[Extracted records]
▽

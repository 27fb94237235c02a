-- ===== src/Security/Comparison/Coverage.antt =====
-- No finding to look at is lost by a comparison, for app/services/audit_comparison.py.
use net_ops_guard.Prelude.{
  both_true, Bool, true, false, not, ◌||◌, ◌&&◌, List, [], ◌∷◌, ◌++◌, map, any, select, sort_by,
  insert_by, str_eq, str_eq_iff, ◌≡◌, refl, sym, ap, ◌∙◌, arith, Bool-cases, inl, inr,
  select-append, any-append, String,
}
use mathlib.Core.Path.{subst}
use net_ops_guard.Prelude.Result.{ok}
use net_ops_guard.Security.Assessments.{
  AuditFinding, FindingKey, finding_key, same_key, Assessment, Evidence,
}
use net_ops_guard.Security.Comparison.{
  Item, compare, compare_items, all_keys, distinct, grouped, item_of, kept, status_is_fail,
  status_is_manual,
}
use net_ops_guard.Security.Comparison.Remediation.{compare_opened}

-- A confirmed failure, or a control that awaits its review.
abbrev pub is_look_at : AuditFinding → Bool
is_look_at f = status_is_fail f.status || status_is_manual f.status

module _ {ℓ} {A : Type ℓ} (q : A → Bool) where
  any-insert_by :
      (le : A → A → Bool) (x : A) (ys : List A) → any q (insert_by le x ys) ≡ (q x || any q ys)
  unfolding insert_by
  any-insert_by le x [] = refl
  any-insert_by le x (y ∷ ys) = ground (arith, any-insert_by le x ys)

  any-sort_by : (le : A → A → Bool) (xs : List A) → any q (sort_by le xs) ≡ any q xs
  unfolding sort_by
  any-sort_by le [] = refl
  any-sort_by le (x ∷ xs) = ground (arith, any-insert_by le x (sort_by le xs), any-sort_by le xs)

  any-split : (xs ys : List A) (x : A) → q x ≡ true → any q (xs ++ x ∷ ys) ≡ true
  any-split [] ys x h = ground (arith, h)
  any-split (z ∷ xs) ys x h = ground (arith, any-split xs ys x h)

  any-select : (p : A → Bool) (xs : List A) → any q (select p xs) ≡ any (λ x. p x && q x) xs
  any-select p [] = refl
  any-select p (x ∷ xs) = ground (arith, any-select p xs)

any-map {ℓ κ} :
    {A : Type ℓ} {B : Type κ} (q : B → Bool) (g : A → B) (xs : List A)
    → any q (map g xs) ≡ any (λ x. q (g x)) xs
any-map q g [] = refl
any-map q g (x ∷ xs) = ap (λ b. q (g x) || b) (any-map q g xs)

same_key→eq : (a b : FindingKey) → same_key a b ≡ true → a ≡ b
same_key→eq a b h =
    let (d, rest) = both_true (str_eq a.domain b.domain) _ h in
    let (c, rest') = both_true (str_eq a.check_id b.check_id) _ rest in
    let (i, j) = both_true (str_eq a.interface_name b.interface_name) _ rest' in
    let d' : a.domain ≡ b.domain = (str_eq_iff a.domain b.domain).0 d in
    let c' : a.check_id ≡ b.check_id = (str_eq_iff a.check_id b.check_id).0 c in
    let i' : a.interface_name ≡ b.interface_name =
      (str_eq_iff a.interface_name b.interface_name).0 i in
    let j' : a.correlation_id ≡ b.correlation_id =
      (str_eq_iff a.correlation_id b.correlation_id).0 j in
    cc (d', c', i', j')

same_key_refl : (a : FindingKey) → same_key a a ≡ true
same_key_refl a =
    let same : (s : String) → str_eq s s ≡ true = λ s. (str_eq_iff s s).1 refl in
    rw (same a.domain, same a.check_id, same a.interface_name, same a.correlation_id) refl

module _ (q : FindingKey → Bool) where
  -- A key that `q` does not hold of is dropped without a change of `any`.
  any-drop :
      (k : FindingKey) (ks : List FindingKey)
      → q k ≡ false
      → any q (select (λ j. not (same_key k j)) ks) ≡ any q ks
  any-drop k [] h = refl
  any-drop k (j ∷ js) h = elim (Bool-cases (same_key k j)) [
    | inl same ↦
        let eq : q j ≡ false = ap q (sym (same_key→eq k j same)) ∙ h in
        rw (same, eq) (any-drop k js h)
    | inr differs ↦ rw differs (ap (λ b. q j || b) (any-drop k js h))
  ]

  any-distinct : (ks : List FindingKey) → any q (distinct ks) ≡ any q ks
  unfolding distinct
  any-distinct [] = refl
  any-distinct (k ∷ ks) = elim (Bool-cases (q k)) [
    | inl yes' ↦ rw yes' refl
    | inr no' ↦ rw no' (any-drop k (distinct ks) no' ∙ any-distinct ks)
  ]

-- An image that is kept wherever `q` holds is found.
any-kept {ℓ κ} :
    {A : Type ℓ} {B : Type κ} (g : A → B) (q : A → Bool) (r p : B → Bool) (xs : List A)
    → ((x : A) → q x ≡ true → (r (g x) ≡ true) × (p (g x) ≡ true))
    → any q xs ≡ true
    → any r (select p (map g xs)) ≡ true
any-kept g q r p [] good h = ground (arith, h)
any-kept g q r p (x ∷ xs) good h = elim (Bool-cases (q x)) [
  | inl yes' ↦ let (found, passes) = good x yes' in rw (passes, found) refl
  | inr no' ↦ let later = any-kept g q r p xs good (rw no' at h) in ground (arith, later)
]

module _ (evidence : Evidence) (key_le : FindingKey → FindingKey → Bool)
    (id_le : AuditFinding → AuditFinding → Bool) (old new : Assessment) where
  item_key :
      (k j : FindingKey) → same_key (item_of evidence key_le id_le old new k).key j ≡ same_key k j
  unfolding item_of
  item_key k j = refl

  module _ (before after : List AuditFinding) (f : AuditFinding)
      (split : old.findings ++ new.findings ≡ before ++ f ∷ after) where
    key_found :
        any (λ k. same_key k (finding_key f)) (all_keys evidence key_le id_le old new) ≡ true
    unfolding all_keys
    key_found =
        let q : FindingKey → Bool = λ k. same_key k (finding_key f) in
        any-sort_by q key_le _
        ∙ any-distinct q (map finding_key (old.findings ++ new.findings))
        ∙ ap (λ fs. any q (map finding_key fs)) split
        ∙ any-map q finding_key (before ++ f ∷ after)
        ∙ any-split (λ x. q (finding_key x)) before after f (same_key_refl (finding_key f))

    item_kept :
        is_look_at f ≡ true
        → kept evidence key_le id_le (item_of evidence key_le id_le old new (finding_key f)) ≡ true
    unfolding item_of grouped
    item_kept h =
        let s : AuditFinding → Bool = λ x. same_key (finding_key x) (finding_key f) in
        let a = select s old.findings in
        let b = select s new.findings in
        let both : (s f && is_look_at f) ≡ true = rw (same_key_refl (finding_key f), h) refl in
        any-append is_look_at (sort_by id_le a) (sort_by id_le b)
        ∙ ap (λ v. v || any is_look_at (sort_by id_le b)) (any-sort_by is_look_at id_le a)
        ∙ ap (λ v. any is_look_at a || v) (any-sort_by is_look_at id_le b)
        ∙ sym (any-append is_look_at a b)
        ∙ ap (any is_look_at) (sym (select-append s old.findings new.findings))
        ∙ ap (λ fs. any is_look_at (select s fs)) split
        ∙ any-select is_look_at s (before ++ f ∷ after)
        ∙ any-split (λ x. s x && is_look_at x) before after f both

    item_found :
        is_look_at f ≡ true
        → any (λ i. same_key i.key (finding_key f)) (compare_items evidence key_le id_le old new)
          ≡ true
    unfolding compare_items
    item_found h =
        let keys = all_keys evidence key_le id_le old new in
        let item = item_of evidence key_le id_le old new in
        let keep = kept evidence key_le id_le in
        any-kept item (λ k. same_key k (finding_key f)) (λ i. same_key i.key (finding_key f)) keep
          keys
          (λ k same. (
            item_key k (finding_key f) ∙ same,
            subst (λ j. keep (item j) ≡ true) (sym (same_key→eq k (finding_key f) same))
                (item_kept h),
          ))
          key_found

  -- Wherever a finding that failed or awaits its review stands in one of two audits, a comparison of
  -- them that returns has an item for its control.
  pub compare_covers :
      (items : List Item) (before after : List AuditFinding) (f : AuditFinding)
      → compare evidence key_le id_le old new ≡ ok items
      → old.findings ++ new.findings ≡ before ++ f ∷ after
      → is_look_at f ≡ true
      → any (λ i. same_key i.key (finding_key f)) items ≡ true
  compare_covers items before after f h split looked =
      subst (λ is. any (λ i. same_key i.key (finding_key f)) is ≡ true)
        (compare_opened evidence key_le id_le old new items h)
        (item_found before after f split looked)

△

I'd like an exact copy of the lines above, from the very first one through the line that contains "(le : A → A → Bool) (x : A)", with nothing else added.

repository 27fb94237235c02a
-- ===== src/Security/Comparison/Coverage.antt =====
-- No finding to look at is lost by a comparison, for app/services/audit_comparison.py.
use net_ops_guard.Prelude.{
  both_true, Bool, true, false, not, ◌||◌, ◌&&◌, List, [], ◌∷◌, ◌++◌, map, any, select, sort_by,
  insert_by, str_eq, str_eq_iff, ◌≡◌, refl, sym, ap, ◌∙◌, arith, Bool-cases, inl, inr,
  select-append, any-append, String,
}
use mathlib.Core.Path.{subst}
use net_ops_guard.Prelude.Result.{ok}
use net_ops_guard.Security.Assessments.{
  AuditFinding, FindingKey, finding_key, same_key, Assessment, Evidence,
}
use net_ops_guard.Security.Comparison.{
  Item, compare, compare_items, all_keys, distinct, grouped, item_of, kept, status_is_fail,
  status_is_manual,
}
use net_ops_guard.Security.Comparison.Remediation.{compare_opened}

-- A confirmed failure, or a control that awaits its review.
abbrev pub is_look_at : AuditFinding → Bool
is_look_at f = status_is_fail f.status || status_is_manual f.status

module _ {ℓ} {A : Type ℓ} (q : A → Bool) where
  any-insert_by :
      (le : A → A → Bool) (x : A) (ys : List A) → any q (insert_by le x ys) ≡ (q x || any q ys)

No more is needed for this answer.